> [Task goal]:
Only the lines from the beginning of the data below through the line that contains "get_elem?-AllAt P i j [] a h = cc" should be repeated, exactly as written.

> [Available records]:
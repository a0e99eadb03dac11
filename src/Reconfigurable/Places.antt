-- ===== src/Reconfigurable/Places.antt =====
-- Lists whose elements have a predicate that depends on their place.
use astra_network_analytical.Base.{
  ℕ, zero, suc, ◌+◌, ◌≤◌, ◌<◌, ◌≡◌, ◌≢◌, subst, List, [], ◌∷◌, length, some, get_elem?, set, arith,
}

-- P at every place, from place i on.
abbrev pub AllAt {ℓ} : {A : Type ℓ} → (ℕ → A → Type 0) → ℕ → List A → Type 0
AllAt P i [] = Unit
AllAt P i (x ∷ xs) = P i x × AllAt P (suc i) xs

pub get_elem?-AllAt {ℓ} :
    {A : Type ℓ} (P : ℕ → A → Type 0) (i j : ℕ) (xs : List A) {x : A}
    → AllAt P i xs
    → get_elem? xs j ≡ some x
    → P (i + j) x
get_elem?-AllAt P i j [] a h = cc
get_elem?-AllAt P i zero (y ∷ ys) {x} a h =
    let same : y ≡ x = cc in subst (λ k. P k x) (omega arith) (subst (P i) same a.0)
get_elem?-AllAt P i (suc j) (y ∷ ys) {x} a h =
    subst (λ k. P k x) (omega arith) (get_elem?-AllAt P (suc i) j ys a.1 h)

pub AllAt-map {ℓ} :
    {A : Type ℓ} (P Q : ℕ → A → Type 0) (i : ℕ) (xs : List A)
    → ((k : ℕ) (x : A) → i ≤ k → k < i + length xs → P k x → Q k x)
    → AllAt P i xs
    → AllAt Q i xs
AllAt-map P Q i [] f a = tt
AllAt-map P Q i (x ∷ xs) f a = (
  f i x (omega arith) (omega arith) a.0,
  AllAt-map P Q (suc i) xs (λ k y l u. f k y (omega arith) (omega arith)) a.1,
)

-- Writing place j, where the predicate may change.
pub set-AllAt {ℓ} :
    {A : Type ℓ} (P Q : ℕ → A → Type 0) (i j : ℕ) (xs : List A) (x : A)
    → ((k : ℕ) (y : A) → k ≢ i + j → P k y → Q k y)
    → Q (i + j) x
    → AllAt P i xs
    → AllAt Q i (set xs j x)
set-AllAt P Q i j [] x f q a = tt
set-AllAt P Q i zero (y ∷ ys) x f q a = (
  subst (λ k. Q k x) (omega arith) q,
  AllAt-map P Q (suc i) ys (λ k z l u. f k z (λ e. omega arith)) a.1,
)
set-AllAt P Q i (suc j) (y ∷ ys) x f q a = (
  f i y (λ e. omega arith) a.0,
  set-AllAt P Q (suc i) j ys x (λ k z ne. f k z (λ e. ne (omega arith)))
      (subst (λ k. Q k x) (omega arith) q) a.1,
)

> [Problem solution]:
repository a0e99eadb03dac11
filename src/Reconfigurable/Places.antt
-- ===== src/Reconfigurable/Places.antt =====
-- Lists whose elements have a predicate that depends on their place.
use astra_network_analytical.Base.{
  ℕ, zero, suc, ◌+◌, ◌≤◌, ◌<◌, ◌≡◌, ◌≢◌, subst, List, [], ◌∷◌, length, some, get_elem?, set, arith,
}

-- P at every place, from place i on.
abbrev pub AllAt {ℓ} : {A : Type ℓ} → (ℕ → A → Type 0) → ℕ → List A → Type 0
AllAt P i [] = Unit
AllAt P i (x ∷ xs) = P i x × AllAt P (suc i) xs

pub get_elem?-AllAt {ℓ} :
    {A : Type ℓ} (P : ℕ → A → Type 0) (i j : ℕ) (xs : List A) {x : A}
    → AllAt P i xs
    → get_elem? xs j ≡ some x
    → P (i + j) x
get_elem?-AllAt P i j [] a h = cc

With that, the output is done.